Some ACA goals, affordability elusive

Researchers at Indiana and Cornell universities found that Americans are taking more steps to prevent disease thanks to provisions of the ACA. Low income adults without children are 17 percent more likely to have health insurance, 7 percent more likely to have a personal doctor and 11 percent less likely to cite cost as a barrier to health care.

“Medicaid expansions under the ACA succeeded in some of their goals, but other goals remain hard to achieve,” said Kosali Simon, a health economist at Indiana University’s School of Public and Environmental Affairs. “There’s been no detectable reduction in obesity, smoking or heavy drinking, at least through our study period.”

It’s no secret that Americans like ACA requirements that insurance covers pre-existing conditions, provides free preventive care and contraceptives and has no lifetime limits but “that all makes health care very expensive,” Simon said.

“It is impossible to have insurance that is comprehensive, covers everything and everybody, pays hospitals enough and pharmaceutical and medical device companies are comfortable with and is cheap,” Simon said. “There is no magic bullet that makes health care cheaper.”

While thousands of Hoosiers gained health care, thanks to what Simon termed “very generous” subsidies for families of four making up to $100,000 per year, there are still those who fall through the cracks or maintain coverage is still too expensive.

While there is talk about market-based reforms, Lischko said, “I don’t think government or the market has all the answers. Some combination of government and market reforms makes the most sense for a lot of reasons. We’ve seen them both fail in certain areas and they each have a role to play in ensuring the health care is delivered efficiently and equitably.”

Hospital concerns

After investing heavily in buildings and technology, hospital officials are keeping a wary eye on Washington.

“We’re really concerned if the law is repealed and not replaced immediately because some 20 million people gained coverage and that’s been a benefit to patients and hospitals,” said Doug Leonard, Indiana Hospital Association president. “That really changes the fortunes of the hospital, if you will. If we were caring for 20 million people without insurance, the cost has to be passed on to other payers.”

The law has shifted hospitals from a fee for service approach to population-based care with Accountable Care Organizations that accept responsibility for groups of Medicare patients and are obligated “to do only that which is necessary at the most reasonable site and the most reasonable cost,” Leonard said.

“You get all the data for what every one of those patients cost Medicare last year,” Leonard said. “If you can provide care for them at less than the total cost the year before that creates the opportunity for financial gain for the group running the ACO (accountable care organization).”
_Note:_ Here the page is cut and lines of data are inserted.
-- ===== src/GameSession/Search.antt =====
-- server/dedicated-server/src/game_session_ex.rs: `search_sessions`, from the request to the results.
use scbl.Prelude.{
  ℕ, ◌==◌, Bool, true, false, ◌||◌, List, [], ◌∷◌, ◌++◌, Option, none, some, Outcome, ok, err,
  panic, if◌then◌else◌,
}
use scbl.Prelude.Maps.{lookup, insert}
use scbl.Client.{ClientInfo}
use scbl.Types.Property.{Property, properties_from_str}
use scbl.Types.Url.{StationUrl, StationUrlParseError, url_from_str}
use scbl.GameSession.{
  Participant, GameSession, InvitedGameSession, Storage, Handled, login_required, with_user,
  queried,
}

-- A search that asks for the session of an accepted invitation.
unfoldable pub is_invitation_search_query : ℕ → Bool
is_invitation_search_query query_id = query_id == 8

-- `map(|p| (p.id, p.value)).collect::<HashMap<_, _>>()`.
unfoldable pub collect_properties : List (ℕ × ℕ) → List Property → List (ℕ × ℕ)
collect_properties m [] = m
collect_properties m (p ∷ ps) = collect_properties (insert p.id p.value m) ps

-- The `Entry::Vacant` of the attribute 103 becomes 0.
unfoldable pub default_103 : List (ℕ × ℕ) → Option ℕ → List (ℕ × ℕ)
default_103 m none = insert 103 0 m
default_103 m (some v) = m

unfoldable pub required_attributes : List Property → List (ℕ × ℕ)
unfolding collect_properties default_103
required_attributes ps = let m = collect_properties [] ps in default_103 m (lookup 103 m)

unfoldable pub has_value : Option ℕ → ℕ → Bool
has_value none value = false
has_value (some v) value = v == value

-- `for (id, value) in &req_attrs`; the attribute 112 is not compared.
unfoldable pub has_attributes : List (ℕ × ℕ) → List (ℕ × ℕ) → Bool
unfolding has_value
has_attributes attrs [] = true
has_attributes attrs ((id, value) ∷ req) =
    let rest = has_attributes attrs req in
    if id == 112 then rest else if has_value (lookup id attrs) value then rest else false

unfoldable pub fits_attributes : List (ℕ × ℕ) → Option (List Property) → Bool
unfolding has_attributes
fits_attributes req none = false
fits_attributes req (some ps) = has_attributes (collect_properties [] ps) req

-- The closure of `filter_map`: which sessions stay.
unfoldable pub keep_session : Bool → List (ℕ × ℕ) → GameSession → Bool
unfolding fits_attributes
keep_session invitation_search req session =
    if invitation_search then true else fits_attributes req (properties_from_str session.attributes)

unfoldable pub keep_sessions : Bool → List (ℕ × ℕ) → List GameSession → List GameSession
unfolding keep_session
keep_sessions invitation_search req [] = []
keep_sessions invitation_search req (session ∷ sessions) =
    let rest = keep_sessions invitation_search req sessions in
    if keep_session invitation_search req session then session ∷ rest else rest

pub record ResultParticipant : Type 0 where
  pub pid : ℕ
  pub name : List ℕ
  pub station_urls : List StationUrl

-- `GameSessionSearchResultEx`, with the result inside it.
pub record SearchResult : Type 0 where
  pub session_id : ℕ
  pub type_id : ℕ
  pub host_pid : ℕ
  pub host_urls : List StationUrl
  pub attributes : List Property
  pub participants : List ResultParticipant

-- `url.parse().ok()`, where an URL that cannot be parsed is left out. No clause of `url_from_str`
-- panics.
unfoldable pub add_parsed :
    Outcome StationUrlParseError StationUrl → List StationUrl → List StationUrl
add_parsed (ok url) urls = url ∷ urls
add_parsed (err e) urls = urls
add_parsed panic urls = urls

unfoldable pub parse_urls : List (List ℕ) → List StationUrl
unfolding add_parsed
parse_urls [] = []
parse_urls (url ∷ urls) = add_parsed (url_from_str url) (parse_urls urls)

-- `filter` and `flat_map` over the participants.
unfoldable pub urls_of : ℕ → List Participant → List (List ℕ)
urls_of host [] = []
urls_of host (p ∷ ps) =
    let rest = urls_of host ps in if p.user_id == host then p.station_urls ++ rest else rest

unfoldable pub add_url :
    Outcome StationUrlParseError StationUrl → Option (List StationUrl) → Option (List StationUrl)
add_url (ok url) none = none
add_url (ok url) (some urls) = some (url ∷ urls)
add_url (err e) urls = none
add_url panic urls = none

-- `try_into`: one URL that cannot be parsed is an error.
unfoldable pub try_urls : List (List ℕ) → Option (List StationUrl)
unfolding add_url
try_urls [] = some []
try_urls (url ∷ urls) = add_url (url_from_str url) (try_urls urls)

unfoldable pub add_participant :
    Participant → Option (List StationUrl) → List ResultParticipant → List ResultParticipant
add_participant p none rest = rest
add_participant p (some urls) rest =
    record { pid = p.user_id; name = p.name; station_urls = urls } ∷ rest

unfoldable pub result_participants : List Participant → List ResultParticipant
unfolding add_participant try_urls
result_participants [] = []
result_participants (p ∷ ps) = add_participant p (try_urls p.station_urls) (result_participants ps)

unfoldable pub add_result :
    GameSession → Option (List Property) → List SearchResult → List SearchResult
unfolding parse_urls urls_of result_participants
add_result session none rest = rest
add_result session (some attributes) rest =
    record {
      session_id = session.session_id;
      type_id = session.session_type;
      host_pid = session.creator_id;
      host_urls = parse_urls (urls_of session.creator_id session.participants);
      attributes = attributes;
      participants = result_participants session.participants;
    }
    ∷ rest

-- The second `filter_map`.
unfoldable pub search_results : List GameSession → List SearchResult
unfolding add_result
search_results [] = []
search_results (session ∷ sessions) =
    add_result session (properties_from_str session.attributes) (search_results sessions)

-- A kind of invitation that is asked for by hand.
unfoldable pub is_manual_kind : ℕ → Bool
is_manual_kind kind = kind == 1 || kind == 2 || kind == 4

module _ {S : Type 0} (st : Storage S) where
  unfoldable pub note_search : S → ℕ → ℕ → Option InvitedGameSession → S
  unfolding is_manual_kind
  note_search s user_id session_type none = st.clear_manual_invitation_search s user_id session_type
  note_search s user_id session_type (some invite) =
      if is_manual_kind invite.kind
      then st.note_manual_invitation_search s user_id session_type
      else st.clear_manual_invitation_search s user_id session_type

  -- The filter and the results.
  unfoldable pub answer_search :
      S → ℕ → ℕ → List Property → Option InvitedGameSession → Handled S (List SearchResult)
  unfolding keep_sessions search_results required_attributes queried
  answer_search s user_id session_type parameters (some invited) = (
    s,
    ok (
        search_results
          (keep_sessions true (required_attributes parameters) (invited.session ∷ []))),
  )
  answer_search s user_id session_type parameters none =
      queried (s, st.search_sessions s session_type (some user_id))
        (λ s' sessions.
          (s', ok (search_results (keep_sessions false (required_attributes parameters) sessions))))

  unfoldable pub search_sessions :
      S → ClientInfo → ℕ → ℕ → List Property → Handled S (List SearchResult)
  unfolding with_user login_required queried note_search answer_search is_invitation_search_query
  search_sessions s ci query_id session_type parameters =
      with_user (login_required ci) s (λ user_id.
        if is_invitation_search_query query_id
        then queried (st.find_accepted_manual_invited_session s user_id session_type) (λ s' invited.
          answer_search (note_search s' user_id session_type invited) user_id session_type
            parameters invited)
        else answer_search (st.clear_manual_invitation_search s user_id session_type) user_id
            session_type parameters none)
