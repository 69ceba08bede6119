-- ===== src/GameSession/Asked.antt =====
-- What a search asks for, said of the lists of attributes, and the maps that game_session_ex.rs makes
-- of them.
use scbl.Prelude.{
  ℕ, ◌==◌, ==_iff, ◌≡◌, ◌↔◌, ◌⊎◌, ◌||◌, refl, sym, ap, ◌∙◌, true, List, [], ◌∷◌, Option, none, some,
  All, Bool-cases, Option-cases, inl, inr, subst, if◌then◌else◌, arith,
}
use scbl.Prelude.Maps.{lookup, insert, keys, mem, Distinct, lookup-insert, lookup_held}
use scbl.Types.Property.{Property}
use scbl.GameSession.Search.{collect_properties, default_103, required_attributes}

-- The first of two values that is there.
unfoldable pub first_value : Option ℕ → Option ℕ → Option ℕ
first_value none other = other
first_value (some v) other = some v

-- The last value that a list gives for an id.
unfoldable pub last_value : ℕ → List Property → Option ℕ
unfolding first_value
last_value id [] = none
last_value id (p ∷ ps) = first_value (last_value id ps) (if p.id == id then some p.value else none)

-- The attributes have every value that is asked for, but that of 112, and where no 103 is asked for,
-- 103 is 0.
pub record HasAll (asked attributes : List Property) : Type 0 where
  pub each :
      (id value : ℕ)
      → ¬ (id ≡ 112)
      → last_value id asked ≡ some value
      → last_value id attributes ≡ some value
  pub default : last_value 103 asked ≡ none → last_value 103 attributes ≡ some 0

lookup-collect :
    (id : ℕ) (m : List (ℕ × ℕ)) (ps : List Property)
    → lookup id (collect_properties m ps) ≡ first_value (last_value id ps) (lookup id m)
unfolding collect_properties last_value first_value
lookup-collect id m [] = refl
lookup-collect id m (p ∷ ps) =
    let ih = lookup-collect id (insert p.id p.value m) ps in
    elim (Option-cases (last_value id ps)) [
      | inl nothing ↦ elim (Bool-cases (p.id == id)) [
        | inl hit ↦ rw (ih, nothing, hit, lookup-insert p.id id p.value m, hit) refl
        | inr miss ↦ rw (ih, nothing, miss, lookup-insert p.id id p.value m, miss) refl
      ]
      | inr (v, there) ↦ rw (ih, there) refl
    ]

-- The map of a list gives the last value of each id.
pub lookup-collected :
    (id : ℕ) (ps : List Property) → lookup id (collect_properties [] ps) ≡ last_value id ps
unfolding first_value lookup
lookup-collected id ps = elim (Option-cases (last_value id ps)) [
  | inl nothing ↦ rw (lookup-collect id [] ps, nothing) refl
  | inr (v, there) ↦ rw (lookup-collect id [] ps, there) refl
]

lookup-default :
    (id : ℕ) (m : List (ℕ × ℕ)) (found : Option ℕ)
    → lookup 103 m ≡ found
    → lookup id (default_103 m found)
      ≡ first_value (lookup id m) (if 103 == id then some 0 else none)
unfolding default_103 first_value
lookup-default id m none e = elim (Bool-cases (103 == id)) [
  | inl hit ↦
      let same : 103 ≡ id = (==_iff 103 id).0 hit in
      let gone : lookup id m ≡ none = subst (λ k. lookup k m ≡ none) same e in
      rw (lookup-insert 103 id 0 m, hit, gone) refl
  | inr miss ↦ elim (Option-cases (lookup id m)) [
    | inl nothing ↦ rw (lookup-insert 103 id 0 m, miss, nothing) refl
    | inr (v, there) ↦ rw (lookup-insert 103 id 0 m, miss, there) refl
  ]
]
lookup-default id m (some w) e = elim (Option-cases (lookup id m)) [
  | inl nothing ↦ elim (Bool-cases (103 == id)) [
    | inl hit ↦
        let same : 103 ≡ id = (==_iff 103 id).0 hit in
        let there : lookup id m ≡ some w = subst (λ k. lookup k m ≡ some w) same e in cc
    | inr miss ↦ rw (nothing, miss) refl
  ]
  | inr (v, there) ↦ rw there refl
]

-- What the map of the required attributes asks of an id.
lookup-required :
    (id : ℕ) (ps : List Property)
    → lookup id (required_attributes ps)
      ≡ first_value (last_value id ps) (if 103 == id then some 0 else none)
unfolding required_attributes
lookup-required id ps =
    lookup-default id (collect_properties [] ps) (lookup 103 (collect_properties [] ps)) refl
    ∙ ap (λ v. first_value v (if 103 == id then some 0 else none)) (lookup-collected id ps)

mem-insert :
    (k j v : ℕ) (m : List (ℕ × ℕ)) → mem j (keys (insert k v m)) ≡ ((k == j) || mem j (keys m))
unfolding insert
mem-insert k j v [] = refl
mem-insert k j v ((i, w) ∷ m) = ground (arith, mem-insert k j v m)

Distinct-insert : (k v : ℕ) (m : List (ℕ × ℕ)) → Distinct (keys m) → Distinct (keys (insert k v m))
unfolding insert
Distinct-insert k v [] d = (refl, tt)
Distinct-insert k v ((i, w) ∷ m) d = ground (arith, mem-insert k i v m, Distinct-insert k v m)

Distinct-collect :
    (m : List (ℕ × ℕ)) (ps : List Property)
    → Distinct (keys m)
    → Distinct (keys (collect_properties m ps))
unfolding collect_properties
Distinct-collect m [] d = d
Distinct-collect m (p ∷ ps) d =
    Distinct-collect (insert p.id p.value m) ps (Distinct-insert p.id p.value m d)

Distinct-default :
    (m : List (ℕ × ℕ)) (found : Option ℕ)
    → Distinct (keys m)
    → Distinct (keys (default_103 m found))
unfolding default_103
Distinct-default m none d = Distinct-insert 103 0 m d
Distinct-default m (some v) d = d

module _ (P : ℕ × ℕ → Type 0) where
  All-lookup :
      (m : List (ℕ × ℕ)) (id value : ℕ) → All P m → lookup id m ≡ some value → P (id, value)
  unfolding lookup
  All-lookup [] id value h e = cc
  All-lookup ((k, v) ∷ m) id value h e = elim (Bool-cases (k == id)) [
    | inl hit ↦
        let key : k ≡ id = (==_iff k id).0 hit in
        let held : v ≡ value = cc (rw hit at e) in
        subst (λ j. P (j, value)) key (subst (λ w. P (k, w)) held h.0)
    | inr miss ↦ All-lookup m id value h.1 (rw miss at e)
  ]

  lookup-All :
      (m : List (ℕ × ℕ))
      → Distinct (keys m)
      → ((id value : ℕ) → lookup id m ≡ some value → P (id, value))
      → All P m
  unfolding lookup
  lookup-All [] d h = tt
  lookup-All ((k, v) ∷ m) d h = (
    h k v (rw ((==_iff k k).1 refl) refl),
    lookup-All m d.1 (λ id value e. elim (Bool-cases (k == id)) [
      | inl hit ↦
          let key : k ≡ id = (==_iff k id).0 hit in
          let again : mem k (keys m) ≡ true =
            subst (λ j. mem j (keys m) ≡ true) (sym key) (lookup_held id value m e) in
          absurd (ground (arith, d, again))
      | inr miss ↦ h id value (rw miss e)
    ]),
  )

-- What a search wants of one attribute: 112 may be anything, another has the value.
abbrev pub Wanted : List (ℕ × ℕ) → ℕ × ℕ → Type 0
Wanted attrs (id, value) = (id ≡ 112) ⊎ (lookup id attrs ≡ some value)

required-HasAll :
    (asked attributes : List Property)
    → All (Wanted (collect_properties [] attributes)) (required_attributes asked)
    → HasAll asked attributes
unfolding first_value
required-HasAll asked attributes h =
    let wanted =
      All-lookup (Wanted (collect_properties [] attributes)) (required_attributes asked) in
    record {
      each = λ id value other e. elim (wanted id value h (rw (lookup-required id asked, e) refl)) [
        | inl same ↦ absurd (other same)
        | inr found ↦ sym (lookup-collected id attributes) ∙ found
      ];
      default = λ e. elim (wanted 103 0 h (rw (lookup-required 103 asked, e) refl)) [
        | inl same ↦ absurd (ground (arith, same))
        | inr found ↦ sym (lookup-collected 103 attributes) ∙ found
      ];
    }

HasAll-required :
    (asked attributes : List Property)
    → HasAll asked attributes
    → All (Wanted (collect_properties [] attributes)) (required_attributes asked)
unfolding required_attributes first_value
HasAll-required asked attributes h =
    lookup-All (Wanted (collect_properties [] attributes)) (required_attributes asked)
      (Distinct-default _ _ (Distinct-collect [] asked tt))
      (λ id value e.
        let e1 = sym (lookup-required id asked) ∙ e in
        elim (Bool-cases (id == 112)) [
          | inl any ↦ inl ((==_iff id 112).0 any)
          | inr other ↦ inr (
              lookup-collected id attributes ∙ elim (Option-cases (last_value id asked)) [
                | inr (v, there) ↦
                    h.each id value (λ same. ground (arith, same, other)) (there ∙ rw there at e1)
                | inl nothing ↦ elim (Bool-cases (103 == id)) [
                  | inl hit ↦
                      let key : 103 ≡ id = (==_iff 103 id).0 hit in
                      let zero_value : some 0 ≡ some value = rw (nothing, hit) at e1 in
                      subst (λ k. last_value k attributes ≡ some value) key
                        (h.default (subst (λ k. last_value k asked ≡ none) (sym key) nothing)
                          ∙ zero_value)
                  | inr miss ↦ cc (rw (nothing, miss) at e1)
                ]
              ])
        ])

-- The two say the same.
pub HasAll-iff :
    (asked attributes : List Property)
    → All (Wanted (collect_properties [] attributes)) (required_attributes asked)
      ↔ HasAll asked attributes
HasAll-iff asked attributes = (required-HasAll asked attributes, HasAll-required asked attributes)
The health care law has been good for Hoosier hospitals, Leonard said. While 80 rural hospitals around the country have closed since is passage, none have been in Indiana. He said Indiana’s Medicaid expansion and HIP 2.0 has been “very beneficial to hospitals, including rural hospitals, many of whom say they wouldn’t have a bottom line if it weren’t for the (Healthy Indiana) program.”

While there is uncertainty from living rooms to hospital board rooms, some dare to dream that Congress comes up with something that improves on existing policy.

“We’re hoping that the ACA replacement will be better than the current law,” said Moser, the state’s Medicaid director.